The short version is that I was lucky, because I have very little willpower I had to get myself to a position where I was just following instructions.

So having produced an honest food diary, and got myself a coach, Matt – one who would check in on me every two or three days – I needed to get into the mindset of changing routines.

Whenever anyone has asked me about my diet I have just said that I have a routine, not a diet.

Here was the first step:

Here’s the focus from now until 14th Jan (just over a week).
1) You’re going to continue coffee without sugar (a great start) but also cut out the milk.
2) You’re only going to drink sugar-free drinks.
3) You’re going to exercise twice (light jog / brisk walking / swimming).
Here’s why. We’re trying to change your routines around what you drink – or more accurately the sugar you’re taking in from drinking. This is enemy number one because it’s so hidden. The coke zero is a great start as is the water but I want to push you to black coffee to cut out the lactose in the milk (which is no difference to sucrose or fructose). On exercise twice is just fine. If you fancy more, then fine but it’s not a game changer and is a big time drain.
I want you to keep everything else the same (ish). Don’t go nuts on pizza but don’t not have it this weekend. Have a biscuit or two but just not a pack etc etc. Remember that we’re changing routines, we’re not on a diet so we’re doubling down on that liquid calorie intake routine this week. ‘Good’ looks like you becoming one of those annoying middle class people who says things like ‘oh I only drink black coffee’ and ‘is that a coke zero’.

My reply to Matt:

Coffee without milk is not something I like. That will be the hardest thing. For ten days. I might just switch to liquorice tea or peppermint tea, but I’ll struggle without caffeine. But I won’t have milk. Are you suggesting I stop milk with the Alpen at the weekends?
When you say ‘exercise twice’, do you mean ‘per week’?
Sugar free drinks is okay – but I failed to write ‘roses lime cordial’ quite often in the evenings. Am I cutting that too?

Matt’s reply:

On the focus for the week:
  • Don’t cut out the coffee – bad bad things will happen. I’d like you to *try* and get used to the taste without milk (if you’re drinking instant try switching to Nescafe Azera – it’s basically a cross between instant and proper coffee). If you really can’t after this week a splash of milk won’t hurt.
  • Carry on with that Alpen with milk for now – that’s not for this week.
  • Yes you’re getting rid of that lime cordial – you drink black (or quite black) coffee, coke zero et al and water now.
  • I forgot to say that it’s so good you don’t drink booze by the way – for many many people this is the hardest nut to crack. Wine is liquid cream cake. ​
  • On exercise, my general point is don’t try to do every day. Two or three times per week is fine. I train three or four times a week – never every day.
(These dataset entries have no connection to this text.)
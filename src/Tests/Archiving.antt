-- ===== src/Tests/Archiving.antt =====
-- Archiving a done item by force, in the in-memory store.
use macguffin.Prelude.{
  true, List, ℕ, ◌≡◌, refl, sym, subst, [], ◌∷◌, some, Bytes, codes, lookup, insert, erase,
  Option-cases, inl, inr,
}
use macguffin.Store.{done, in_status, Ref}
use macguffin.Memstore
use macguffin.Memstore.{Mem, count_call}
use macguffin.Memstore.Companions
use macguffin.Memstore.Lookup
use macguffin.Memstore.Refines.{AnyId, keeps}
use macguffin.Workitem.Done.Held
use macguffin.Workitem.Archive
use macguffin.Workitem.Archive.Filed
use macguffin.Tests.Completing.{
  carol, plain, access, access-IsReader, no_time, print_time, idle, idle-Held, Same, counted-Held,
}

-- mg-1 is done and declares a remainder that nothing discharges
abbrev store : Mem
store = record Memstore.new {
  items =
      (
        codes "mg-1",
        record {
          state = in_status done;
          partition = [];
          content = codes "---\nid: mg-1\ntags: [declares-remainder]\n---\n# a";
          mtime = 1;
        },
      )
      ∷ [];
}

store-IsHealthy : Lookup.IsHealthy store
unfolding lookup Memstore.new
store-IsHealthy = record { owned = λ j h. refl }

abbrev bodies : Archive.Bodies Mem
bodies = record {
  names = Companions.body_names;
  remove = Companions.remove_body;
  move = Companions.move_bodies;
  parse_stamp = λ s. some 1;
}

abbrev month : ℕ → Bytes
month n = codes "2026-08"

names-Held : (ref : Ref) (s : Mem) → Lookup.IsHealthy s → Same s (Companions.body_names ref s).1
unfolding Companions.body_names
names-Held ref s h = counted-Held (codes "Bodies") s h

move-Held :
    (from to : Ref) (s : Mem) → Lookup.IsHealthy s → Same s (Companions.move_bodies from to s).1
unfolding Companions.move_bodies
move-Held from to s h = counted-Held (codes "MoveBodies") s h

with_bodies-Held :
    (bs : List (Bytes × List (Bytes × Bytes))) (s : Mem)
    → Lookup.IsHealthy s
    → Same s (record s { bodies = bs })
unfolding Lookup.view
with_bodies-Held bs s h = (record { owned = h.owned }, λ j i. refl)

remove-Held :
    (ref : Ref) (name : Bytes) (s : Mem)
    → Lookup.IsHealthy s
    → Same s (Companions.remove_body ref name s).1
unfolding Companions.remove_body
remove-Held ref name s h =
    let counted = count_call (codes "RemoveBody") s in
    let q = counted-Held (codes "RemoveBody") s h in
    elim (Option-cases (lookup ref.id s.bodies)) [
      | inl n ↦
          let v : (Companions.remove_body ref name s).1 ≡ counted =
            rw (n, Companions.remove_body) refl in
          subst (Same s) (sym v) q
      | inr (b, n) ↦
          let bs = insert ref.id (erase name b) s.bodies in
          let v : (Companions.remove_body ref name s).1 ≡ record counted { bodies = bs } =
            rw (n, Companions.remove_body) refl in
          subst (Same s) (sym v) (
            Held.Held-trans access plain Memstore.holder_for AnyId (λ _. Unit) (λ _. Unit)
              (keeps plain) access-IsReader s counted (record counted { bodies = bs }) q
              (with_bodies-Held bs counted q.0))
    ]

archive_item-Ends_example :
    Filed.ArchiveEnds access plain Memstore.holder_for AnyId
      (λ _. Unit)
      (λ _. Unit)
      (keeps plain)
      access-IsReader
      no_time
      print_time
      idle
      idle-Held
      (λ j. inl tt)
      4
      carol
      bodies
      names-Held
      remove-Held
      move-Held
      month
      (λ n. tt)
      true
      []
      (codes "mg-1")
      store
      (Archive.archive_item access plain no_time print_time idle 4 carol bodies month true []
        (codes "mg-1")
        store)
archive_item-Ends_example =
    Filed.archive_item-Ends access plain Memstore.holder_for AnyId (λ _. Unit) (λ _. Unit)
      (keeps plain) access-IsReader no_time print_time idle idle-Held (λ j. inl tt) 4 carol bodies
      names-Held remove-Held move-Held month (λ n. tt) true [] (codes "mg-1") store store-IsHealthy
So not have any sugar or milk in my drinks was exactly what I did for that week, and ever since. Not drinking made this easier than it might have been otherwise.

I found this really hard. I have never enjoyed ‘diet’ varieties of soft drinks. I have always relied on full fat Coca Cola or equivalent to get me through periods of low energy. And good, strong coffee with milk was an essential daily item I would drink much too much of. I have never liked black coffee.